Estadão compara arte erótica com uma exposição pornográfica e zoófila voltada ao público infantil

O Estadão escreveu, na última terça, um grande artigo no qual compara obras de arte de cunho erótico com a exposição Queermuseu. No texto, cuja finalidade é desinformar o leitor e classificar boicote popular como uma forma de censura, o jornal ignorou propositadamente a real motivação das pessoas que se viram consternadas com a situação promovida pelo Santander Cultural.

Veja, primeiro, um trecho do artigo:

Aqui mesmo em São Paulo, no Masp, temos uma exposição retrospectiva de desenhos e pinturas de Pedro Correia de Araújo, ativo nos anos 1920 e 1930, em que a curadoria, talvez antevendo reações de movimentos como o MBL (Movimento Brasil Livre) – que precipitou o encerramento de Queermuseu–, cobriu com uma pequena cortina preta as cenas eróticas desenhadas pelo pernambucano. Para ver, o espectador deve levantá-la. É o mesmo caso de Hokusai e Varejão: devem os museus expurgar o conteúdo erótico de suas instalações? Deve o mesmo Masp fechar as portas da retrospectiva de Toulouse-Lautrec por exibir obras de sexo explícito entre mulheres? 

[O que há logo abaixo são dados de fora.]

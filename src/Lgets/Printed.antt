-- ===== src/Lgets/Printed.antt =====
-- lgets on what puts writes for a list of elements in braces.
use mathlib.Core.List.{append_assoc, append-nil}
use tclx.Base.{
  ℕ, zero, suc, ◌+◌, ◌<◌, ◌≡◌, refl, sym, ap, ◌∙◌, subst, Bool, true, false, Option, none, some,
  List, [], ◌∷◌, ◌++◌, map, Text, length, arith,
}
use tclx.Libc.{is_space, skip_space}
use tclx.Util.{get_open_channel}
use tclx.Interp.{Interp, value, ok}
use tclx.Lgets.{
  Gets, full_line, ReadData, read_list_line, read_list_init, init_at, read_list_element, start_scan,
  newline, leading_space,
}
use tclx.Lgets.Command.{
  ListRead, all_read, read_elements, read_initial, read_list, lgets_reply, lgets_channel, lgets_cmd,
}
use tclx.Lgets.Braced.{
  balanced, contents, StartsSpace, reading, Closes, element_loop-Closes, tail, not_empty,
}

-- The elements in braces with spaces between them, and the newline.
abbrev pub list_rest : List Text → Text
list_rest [] = newline ∷ []
list_rest (y ∷ ys) = b' ' ∷ b'{' ∷ (y ++ b'}' ∷ list_rest ys)

abbrev pub list_line : List Text → Text
list_line [] = newline ∷ []
list_line (x ∷ xs) = b'{' ∷ (x ++ b'}' ∷ list_rest xs)

-- Each element is without backslashes and has braces that match, and the fuel is enough for it.
abbrev pub Fits : ℕ → List Text → Type 0
Fits fuel [] = Unit {0}
Fits fuel (x ∷ xs) = (balanced 0 x ≡ true) × (length x + length x + 1 < fuel) × Fits fuel xs

list_rest-StartsSpace : (ys : List Text) → StartsSpace (list_rest ys)
unfolding is_space
list_rest-StartsSpace [] = refl
list_rest-StartsSpace (y ∷ ys) = refl

contents_empty : (ls : List Text) → contents ls ≡ [] → ls ≡ []
contents_empty [] h = refl
contents_empty (l ∷ ls) h = absurd (not_empty l (contents ls) newline (sym h))

skip_one : (c c' : ℕ) (t : Text) → c ≡ b' ' → c' ≡ b'{' → skip_space (c ∷ c' ∷ t) ≡ b'{' ∷ t
unfolding skip_space is_space
skip_one c c' t e e' = rw (e, e') refl

skip_brace : (c : ℕ) (t : Text) → c ≡ b'{' → skip_space (c ∷ t) ≡ b'{' ∷ t
unfolding skip_space is_space
skip_brace c t e = rw e refl

module _ (backslash : Text → ℕ × ℕ) (more : List Gets) (fuel : ℕ) where
  abbrev data_at : List Text → Text → Text → ReadData
  data_at = reading backslash more

  read_list_element-Closes :
      (y : Text) (ys : List Text) (before x : Text) (ls : List Text)
      → x ++ newline ∷ contents ls ≡ y ++ b'}' ∷ list_rest ys
      → balanced 0 y ≡ true
      → length y + length y + 1 < fuel
      → Closes backslash more y
          (list_rest ys)
          (read_list_element backslash fuel (data_at ls before (b'{' ∷ (x ++ newline ∷ []))))
  unfolding read_list_element start_scan
  read_list_element-Closes y ys before x ls e even h =
      element_loop-Closes backslash more y 0 fuel [] [] (before ++ b'{' ∷ []) x ls
        (data_at ls before (b'{' ∷ (x ++ newline ∷ []))) (list_rest ys) e even
        (list_rest-StartsSpace ys) refl h

  -- The whole list was read, and the lines behind it are left.
  abbrev Reads : List Text → ListRead → Type 0
  Reads xs r = (before : Text) × (r ≡ all_read xs (data_at [] before []))

  read_one :
      (acc : List Text) (y u : Text) (rounds : ℕ) (d : ReadData)
      (c : Closes backslash more y u (read_list_element backslash fuel d))
      → read_elements backslash fuel (suc rounds) acc d
        ≡ read_elements backslash fuel rounds
            (acc ++ y ∷ [])
            (data_at c.ls c.before (skip_space (c.x ++ newline ∷ [])))
  unfolding read_elements
  read_one acc y u rounds d c = rw (read_elements, c.runs) refl

  read_end :
      (acc : List Text) (rounds : ℕ) (before : Text)
      → Reads (acc ++ []) (read_elements backslash fuel (suc rounds) acc (data_at [] before []))
  unfolding read_elements read_list_element
  read_end acc rounds before = (before, rw (append-nil acc) refl)

  joined : {xs xs' : List Text} {r r' : ListRead} → r ≡ r' → xs' ≡ xs → Reads xs' r' → Reads xs r
  joined e same (before, runs) =
      (before, e ∙ runs ∙ ap (λ k. all_read k (data_at [] before [])) same)

  read_elements-Reads :
      (ys : List Text) (rounds : ℕ) (acc : List Text) (before x : Text) (ls : List Text)
      → x ++ newline ∷ contents ls ≡ list_rest ys
      → Fits fuel ys
      → length ys < rounds
      → Reads (acc ++ ys) (
          read_elements backslash fuel rounds acc
            (data_at ls before (skip_space (x ++ newline ∷ []))))
  unfolding skip_space is_space
  read_elements-Reads ys zero acc before x ls e fits h = absurd (omega arith)
  read_elements-Reads [] (suc rounds) acc before [] ls e fits h =
      let none_left = contents_empty ls (tail newline newline (contents ls) [] e).1 in
      subst
        (λ k. Reads (acc ++ []) (
          read_elements backslash fuel (suc rounds) acc
            (data_at k before (skip_space (newline ∷ [])))))
        (sym none_left) (read_end acc rounds before)
  read_elements-Reads [] (suc rounds) acc before (c ∷ x) ls e fits h =
      absurd (
        not_empty x (contents ls) newline
          (sym (tail c newline (x ++ newline ∷ contents ls) [] e).1))
  read_elements-Reads (y ∷ ys) (suc rounds) acc before [] ls e fits h = absurd (
      let p = (tail newline b' ' (contents ls) (b'{' ∷ (y ++ b'}' ∷ list_rest ys)) e).0 in
      omega arith)
  read_elements-Reads (y ∷ ys) (suc rounds) acc before (c ∷ []) ls e fits h =
      let r = (tail c b' ' (newline ∷ contents ls) (b'{' ∷ (y ++ b'}' ∷ list_rest ys)) e).1 in
      absurd
        (let p = (tail newline b'{' (contents ls) (y ++ b'}' ∷ list_rest ys) r).0 in omega arith)
  read_elements-Reads (y ∷ ys) (suc rounds) acc before (c ∷ c' ∷ x) ls e fits h =
      let line = x ++ newline ∷ contents ls in
      let (space, rest) = tail c b' ' (c' ∷ line) (b'{' ∷ (y ++ b'}' ∷ list_rest ys)) e in
      let (brace, inside) = tail c' b'{' line (y ++ b'}' ∷ list_rest ys) rest in
      let closes = read_list_element-Closes y ys before x ls inside fits.0 fits.1 in
      joined
        (ap (λ t. read_elements backslash fuel (suc rounds) acc (data_at ls before t))
            (skip_one c c' (x ++ newline ∷ []) space brace)
          ∙ read_one acc y (list_rest ys) rounds (data_at ls before (b'{' ∷ (x ++ newline ∷ [])))
              closes)
        (append_assoc acc (y ∷ []) ys)
        (read_elements-Reads ys rounds (acc ++ y ∷ []) closes.before closes.x closes.ls closes.left
          fits.2 (omega arith))

  read_list-line :
      (xs : List Text) (rounds : ℕ) (l : Text) (ls : List Text)
      → l ++ newline ∷ contents ls ≡ list_line xs
      → Fits fuel xs
      → length xs < rounds
      → Reads xs (
          read_elements backslash fuel rounds []
            (data_at ls (leading_space (l ++ newline ∷ [])) (skip_space (l ++ newline ∷ []))))
  unfolding skip_space is_space
  read_list-line xs zero l ls e fits h = absurd (omega arith)
  read_list-line [] (suc rounds) l ls e fits h =
      read_elements-Reads [] (suc rounds) [] (leading_space (l ++ newline ∷ [])) l ls e tt h
  read_list-line (x ∷ xs) (suc rounds) [] ls e fits h =
      absurd
        (let p = (tail newline b'{' (contents ls) (x ++ b'}' ∷ list_rest xs) e).0 in omega arith)
  read_list-line (x ∷ xs) (suc rounds) (c ∷ l) ls e fits h =
      let (brace, inside) = tail c b'{' (l ++ newline ∷ contents ls) (x ++ b'}' ∷ list_rest xs) e in
      let before = leading_space (c ∷ l ++ newline ∷ []) in
      let closes = read_list_element-Closes x xs before l ls inside fits.0 fits.1 in
      joined
        (ap (λ t. read_elements backslash fuel (suc rounds) [] (data_at ls before t))
            (skip_brace c (l ++ newline ∷ []) brace)
          ∙ read_one [] x (list_rest xs) rounds (data_at ls before (b'{' ∷ (l ++ newline ∷ [])))
              closes)
        refl
        (read_elements-Reads xs rounds (x ∷ []) closes.before closes.x closes.ls closes.left fits.2
          (omega arith))

  read_list-Reads :
      (xs : List Text) (rounds : ℕ) (ls : List Text)
      → contents ls ≡ list_line xs
      → Fits fuel xs
      → length xs < rounds
      → Reads xs (read_list backslash fuel rounds (map full_line ls ++ more))
  unfolding read_list read_initial read_list_init init_at read_list_line
  read_list-Reads [] rounds [] e fits h = cc
  read_list-Reads (x ∷ xs) rounds [] e fits h = cc
  read_list-Reads xs rounds (l ∷ ls) e fits h = read_list-line xs rounds l ls e fits h

lgets_channel-reads :
    (get_channel : Text → Option (ℕ × Bool × Bool)) (blocking : ℕ → Option Bool)
    (backslash : Text → ℕ × ℕ) (rounds fuel chan : ℕ) (file : Text) (input : ℕ → List Gets)
    (s : Interp (List Text))
    → get_open_channel get_channel file true false ≡ some chan
    → blocking chan ≡ some true
    → lgets_channel get_channel blocking backslash rounds fuel file none input s
      ≡ lgets_reply none (read_list backslash fuel rounds (input chan)) s
unfolding lgets_channel
lgets_channel-reads get_channel blocking backslash rounds fuel chan file input s opened mode =
    rw (lgets_channel, opened, mode) refl

lgets_reply-whole :
    {xs : List Text} {d : ReadData} {r : ListRead} (s : Interp (List Text))
    → r ≡ all_read xs d
    → lgets_reply none r s ≡ some (ok (value xs) s, d.input)
unfolding lgets_reply
lgets_reply-whole s runs = rw runs refl

-- Lgets without a variable, on a blocking channel that can be read and on enough fuel, returns
-- the list whose elements stand in braces, with a space between them, on one or more lines, where
-- the elements are without backslashes and have braces that match; the lines behind are left.
pub lgets_cmd-list_line :
    (get_channel : Text → Option (ℕ × Bool × Bool)) (blocking : ℕ → Option Bool)
    (backslash : Text → ℕ × ℕ) (rounds fuel chan : ℕ) (file : Text) (xs ls : List Text)
    (more : List Gets) (input : ℕ → List Gets) (s : Interp (List Text))
    → get_open_channel get_channel file true false ≡ some chan
    → blocking chan ≡ some true
    → input chan ≡ map full_line ls ++ more
    → contents ls ≡ list_line xs
    → Fits fuel xs
    → length xs < rounds
    → lgets_cmd get_channel blocking backslash rounds fuel (file ∷ []) input s
      ≡ some (ok (value xs) s, more)
unfolding lgets_cmd
lgets_cmd-list_line get_channel blocking backslash rounds fuel chan file xs ls more input s opened
      mode reads line fits h =
    let (before, runs) = read_list-Reads backslash more fuel xs rounds ls line fits h in
    lgets_channel-reads get_channel blocking backslash rounds fuel chan file input s opened mode
    ∙ lgets_reply-whole s (ap (read_list backslash fuel rounds) reads ∙ runs)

A verdade é que uma coisa não tem nada a ver com a outra.

O que revoltou tanta gente no caso da exposição Queermuseu não foi simplesmente o seu conteúdo questionável e erótico. Nem mesmo o fato de algumas obras fazerem apologia à pedofilia e até zoofilia. Um dos principais motivos de tanto incômodo foi o fato de que tal evento tinha como público alvo as crianças em idade escolar, como o Jornalivre mostrou e mostrará novamente abaixo.

f077b75d-524f-4cd9-a343-c3c14723bafeEste é o print screen do edital do projeto, tirado do site do Ministério da Cultura.

Além de ser um evento que faz apologia a diversas formas de crime, e além de ser voltado para crianças, há ainda o fator determinante de que tudo isso foi financiado com a Lei Rouanet. Ou seja, dinheiro público foi usado para fornecer um material deste tipo para os filhos de pessoas que não foram sequer consultadas se aprovavam isso ou não. Ademais, trata-se de crianças, que são pessoas ainda sem discernimento pleno e com parcial incapacidade de assimilação de conceitos comportamentais e morais.

É claro que se tal evento tivesse sido promovido com dinheiro privado, em um local adequado e espaço pensado para adultos, e se tudo isso tivesse sido realizado sem envolver crianças, talvez passasse até despercebido pela maioria das pessoas. Certamente, nestas condições a mostra Queermuseu jamais teria chamado tanta atenção.

O que acontece é que fizeram o evento desta forma – envolvendo crianças – porque querem a qualquer custo impor a agenda de gênero. Estão tentando fazer isso por meio das escolas, da televisão, dos livros, etc.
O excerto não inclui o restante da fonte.